Given data:

....

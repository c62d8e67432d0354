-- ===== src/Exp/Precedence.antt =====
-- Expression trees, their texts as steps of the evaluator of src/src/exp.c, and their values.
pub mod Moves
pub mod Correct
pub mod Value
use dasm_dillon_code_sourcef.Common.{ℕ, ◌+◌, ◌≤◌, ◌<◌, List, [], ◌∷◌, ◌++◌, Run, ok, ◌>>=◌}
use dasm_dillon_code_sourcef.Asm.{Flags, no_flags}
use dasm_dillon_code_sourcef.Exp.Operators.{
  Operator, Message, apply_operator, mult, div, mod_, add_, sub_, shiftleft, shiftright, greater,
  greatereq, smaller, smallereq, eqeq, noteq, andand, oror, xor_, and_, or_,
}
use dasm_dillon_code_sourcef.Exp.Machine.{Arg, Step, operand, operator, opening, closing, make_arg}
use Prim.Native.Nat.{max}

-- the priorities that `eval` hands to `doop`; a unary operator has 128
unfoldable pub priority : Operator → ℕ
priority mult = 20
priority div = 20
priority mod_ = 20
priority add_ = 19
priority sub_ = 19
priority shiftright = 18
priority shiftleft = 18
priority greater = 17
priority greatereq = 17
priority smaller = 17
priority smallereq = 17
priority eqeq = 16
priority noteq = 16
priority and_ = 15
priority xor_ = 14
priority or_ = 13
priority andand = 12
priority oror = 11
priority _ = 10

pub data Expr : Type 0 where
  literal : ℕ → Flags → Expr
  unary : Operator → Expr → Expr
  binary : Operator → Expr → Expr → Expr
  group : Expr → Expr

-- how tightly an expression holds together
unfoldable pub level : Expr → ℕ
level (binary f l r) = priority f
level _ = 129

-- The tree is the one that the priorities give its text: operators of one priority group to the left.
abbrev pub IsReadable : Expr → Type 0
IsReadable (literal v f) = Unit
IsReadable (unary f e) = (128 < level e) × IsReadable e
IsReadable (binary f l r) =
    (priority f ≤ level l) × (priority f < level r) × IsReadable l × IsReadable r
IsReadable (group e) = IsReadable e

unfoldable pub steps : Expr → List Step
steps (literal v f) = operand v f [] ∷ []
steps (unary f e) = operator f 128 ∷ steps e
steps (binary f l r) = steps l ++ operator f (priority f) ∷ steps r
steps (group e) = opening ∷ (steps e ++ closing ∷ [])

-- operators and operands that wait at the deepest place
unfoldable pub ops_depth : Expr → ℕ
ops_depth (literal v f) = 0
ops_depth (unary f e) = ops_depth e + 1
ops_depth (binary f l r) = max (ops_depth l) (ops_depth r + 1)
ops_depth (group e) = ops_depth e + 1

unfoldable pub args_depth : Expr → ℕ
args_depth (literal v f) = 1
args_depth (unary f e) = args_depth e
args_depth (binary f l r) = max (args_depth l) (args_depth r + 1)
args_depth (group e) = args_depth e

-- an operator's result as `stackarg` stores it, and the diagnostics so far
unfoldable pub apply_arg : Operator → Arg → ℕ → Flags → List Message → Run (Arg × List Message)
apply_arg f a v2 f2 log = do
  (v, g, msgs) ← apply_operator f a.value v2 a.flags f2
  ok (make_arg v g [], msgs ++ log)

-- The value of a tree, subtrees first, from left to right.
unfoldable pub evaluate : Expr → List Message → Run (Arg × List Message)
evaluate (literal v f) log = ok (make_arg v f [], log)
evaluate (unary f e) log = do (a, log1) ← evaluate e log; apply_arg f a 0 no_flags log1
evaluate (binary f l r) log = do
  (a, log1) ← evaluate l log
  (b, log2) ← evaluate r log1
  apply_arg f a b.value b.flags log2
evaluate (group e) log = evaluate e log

....

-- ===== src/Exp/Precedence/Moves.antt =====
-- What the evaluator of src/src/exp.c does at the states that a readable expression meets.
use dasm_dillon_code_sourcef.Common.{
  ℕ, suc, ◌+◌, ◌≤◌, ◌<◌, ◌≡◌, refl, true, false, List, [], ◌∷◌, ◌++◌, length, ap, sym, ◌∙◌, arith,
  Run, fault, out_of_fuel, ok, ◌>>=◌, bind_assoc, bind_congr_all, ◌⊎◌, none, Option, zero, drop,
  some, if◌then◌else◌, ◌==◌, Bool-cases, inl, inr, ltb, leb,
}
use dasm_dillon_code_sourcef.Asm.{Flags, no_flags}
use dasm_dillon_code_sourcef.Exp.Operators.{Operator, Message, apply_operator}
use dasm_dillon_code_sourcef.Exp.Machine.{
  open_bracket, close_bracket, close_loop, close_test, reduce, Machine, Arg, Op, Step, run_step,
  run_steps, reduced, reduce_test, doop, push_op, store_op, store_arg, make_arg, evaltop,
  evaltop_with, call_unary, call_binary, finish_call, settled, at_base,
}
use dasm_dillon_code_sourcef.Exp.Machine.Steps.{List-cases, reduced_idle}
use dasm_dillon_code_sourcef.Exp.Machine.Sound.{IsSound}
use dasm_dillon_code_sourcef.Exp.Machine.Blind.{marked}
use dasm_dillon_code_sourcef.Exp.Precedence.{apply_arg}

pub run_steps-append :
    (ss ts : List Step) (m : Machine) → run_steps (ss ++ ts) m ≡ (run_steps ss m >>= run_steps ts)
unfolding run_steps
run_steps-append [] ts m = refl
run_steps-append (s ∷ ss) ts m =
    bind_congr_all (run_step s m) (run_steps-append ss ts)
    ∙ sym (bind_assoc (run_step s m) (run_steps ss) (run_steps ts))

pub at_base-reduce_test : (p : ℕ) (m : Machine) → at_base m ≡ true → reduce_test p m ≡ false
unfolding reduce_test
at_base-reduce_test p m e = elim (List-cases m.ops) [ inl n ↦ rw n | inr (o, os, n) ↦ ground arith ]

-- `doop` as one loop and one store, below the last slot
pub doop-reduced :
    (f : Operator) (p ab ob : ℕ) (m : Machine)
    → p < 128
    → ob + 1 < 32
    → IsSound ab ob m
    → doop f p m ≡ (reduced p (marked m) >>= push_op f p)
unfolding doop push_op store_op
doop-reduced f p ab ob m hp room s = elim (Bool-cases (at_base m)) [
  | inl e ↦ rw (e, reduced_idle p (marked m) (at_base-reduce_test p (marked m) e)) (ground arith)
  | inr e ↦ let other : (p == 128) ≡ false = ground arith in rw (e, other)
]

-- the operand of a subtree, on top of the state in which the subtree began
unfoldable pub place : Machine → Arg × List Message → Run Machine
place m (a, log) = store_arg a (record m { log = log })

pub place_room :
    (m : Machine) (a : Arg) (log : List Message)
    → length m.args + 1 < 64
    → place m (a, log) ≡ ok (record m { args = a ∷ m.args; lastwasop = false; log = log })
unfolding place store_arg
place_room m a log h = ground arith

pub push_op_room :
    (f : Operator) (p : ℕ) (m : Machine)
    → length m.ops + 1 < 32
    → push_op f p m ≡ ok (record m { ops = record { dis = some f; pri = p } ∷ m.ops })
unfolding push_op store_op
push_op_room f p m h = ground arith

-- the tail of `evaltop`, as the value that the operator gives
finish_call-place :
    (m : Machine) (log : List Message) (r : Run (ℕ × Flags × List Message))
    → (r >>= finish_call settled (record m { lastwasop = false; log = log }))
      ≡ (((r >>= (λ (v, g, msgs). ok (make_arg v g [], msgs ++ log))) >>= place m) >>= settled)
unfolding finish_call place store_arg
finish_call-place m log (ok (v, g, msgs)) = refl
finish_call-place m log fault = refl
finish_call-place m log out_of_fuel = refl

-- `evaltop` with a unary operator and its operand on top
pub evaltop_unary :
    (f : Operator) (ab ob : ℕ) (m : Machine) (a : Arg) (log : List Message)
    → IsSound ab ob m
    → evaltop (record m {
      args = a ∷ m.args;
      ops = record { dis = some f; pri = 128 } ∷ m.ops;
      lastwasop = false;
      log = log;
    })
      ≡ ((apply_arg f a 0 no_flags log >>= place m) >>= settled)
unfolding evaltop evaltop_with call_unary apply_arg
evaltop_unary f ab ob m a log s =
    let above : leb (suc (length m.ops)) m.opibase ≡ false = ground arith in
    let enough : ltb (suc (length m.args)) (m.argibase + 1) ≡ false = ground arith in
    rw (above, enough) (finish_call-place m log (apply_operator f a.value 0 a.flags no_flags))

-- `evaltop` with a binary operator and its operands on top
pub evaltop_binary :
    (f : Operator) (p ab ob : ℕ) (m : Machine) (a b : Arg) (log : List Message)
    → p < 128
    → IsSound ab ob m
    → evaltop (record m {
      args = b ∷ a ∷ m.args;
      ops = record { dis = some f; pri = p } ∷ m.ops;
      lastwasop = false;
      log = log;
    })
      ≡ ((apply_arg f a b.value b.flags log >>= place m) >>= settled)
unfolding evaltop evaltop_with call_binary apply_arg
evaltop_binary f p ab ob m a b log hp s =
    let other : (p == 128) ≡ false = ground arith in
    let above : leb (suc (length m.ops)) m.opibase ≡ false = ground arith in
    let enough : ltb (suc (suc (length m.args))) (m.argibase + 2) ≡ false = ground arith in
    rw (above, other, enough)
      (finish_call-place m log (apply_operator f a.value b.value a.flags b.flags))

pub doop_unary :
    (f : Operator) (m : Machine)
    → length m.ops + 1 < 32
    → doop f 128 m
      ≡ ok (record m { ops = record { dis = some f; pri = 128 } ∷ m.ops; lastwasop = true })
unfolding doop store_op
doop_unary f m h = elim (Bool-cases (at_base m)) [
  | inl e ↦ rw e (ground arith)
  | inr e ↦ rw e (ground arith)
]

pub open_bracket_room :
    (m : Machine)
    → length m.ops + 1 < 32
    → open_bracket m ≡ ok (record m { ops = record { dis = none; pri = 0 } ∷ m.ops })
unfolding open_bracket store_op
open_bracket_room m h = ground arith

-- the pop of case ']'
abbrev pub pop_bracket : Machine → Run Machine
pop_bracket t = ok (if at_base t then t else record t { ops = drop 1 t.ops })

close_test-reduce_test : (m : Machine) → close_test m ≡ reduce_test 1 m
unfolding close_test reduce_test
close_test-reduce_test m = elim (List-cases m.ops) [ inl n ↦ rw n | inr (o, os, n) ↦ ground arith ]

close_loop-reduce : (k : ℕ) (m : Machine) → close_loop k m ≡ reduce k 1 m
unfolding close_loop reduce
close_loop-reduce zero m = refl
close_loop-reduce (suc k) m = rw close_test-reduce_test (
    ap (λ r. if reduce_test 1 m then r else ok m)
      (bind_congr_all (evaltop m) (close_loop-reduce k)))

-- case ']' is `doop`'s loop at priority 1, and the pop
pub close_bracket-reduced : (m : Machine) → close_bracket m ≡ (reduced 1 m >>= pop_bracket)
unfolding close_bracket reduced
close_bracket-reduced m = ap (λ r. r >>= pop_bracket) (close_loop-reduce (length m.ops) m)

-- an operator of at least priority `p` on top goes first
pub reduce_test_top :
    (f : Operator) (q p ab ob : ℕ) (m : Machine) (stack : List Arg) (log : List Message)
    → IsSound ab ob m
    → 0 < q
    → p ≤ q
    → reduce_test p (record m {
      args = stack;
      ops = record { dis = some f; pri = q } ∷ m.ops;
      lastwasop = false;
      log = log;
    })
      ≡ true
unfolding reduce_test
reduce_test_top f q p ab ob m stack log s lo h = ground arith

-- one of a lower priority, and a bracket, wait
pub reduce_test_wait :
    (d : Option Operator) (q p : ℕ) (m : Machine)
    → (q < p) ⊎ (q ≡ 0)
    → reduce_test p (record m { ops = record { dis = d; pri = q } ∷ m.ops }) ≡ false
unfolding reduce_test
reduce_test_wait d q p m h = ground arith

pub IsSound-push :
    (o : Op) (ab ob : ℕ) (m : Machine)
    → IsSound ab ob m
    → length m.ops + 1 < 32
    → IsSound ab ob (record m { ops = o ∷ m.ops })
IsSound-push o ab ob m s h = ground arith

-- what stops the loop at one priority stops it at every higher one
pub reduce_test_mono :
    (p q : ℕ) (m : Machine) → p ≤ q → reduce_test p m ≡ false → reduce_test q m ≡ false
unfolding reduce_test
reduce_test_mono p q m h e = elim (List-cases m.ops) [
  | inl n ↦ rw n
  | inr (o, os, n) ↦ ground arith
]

....

Your instructions: Go through the entries above and copy every line containing "level".

Answer section:
unfoldable pub level : Expr → ℕ
level (binary f l r) = priority f
level _ = 129
IsReadable (unary f e) = (128 < level e) × IsReadable e
    (priority f ≤ level l) × (priority f < level r) × IsReadable l × IsReadable r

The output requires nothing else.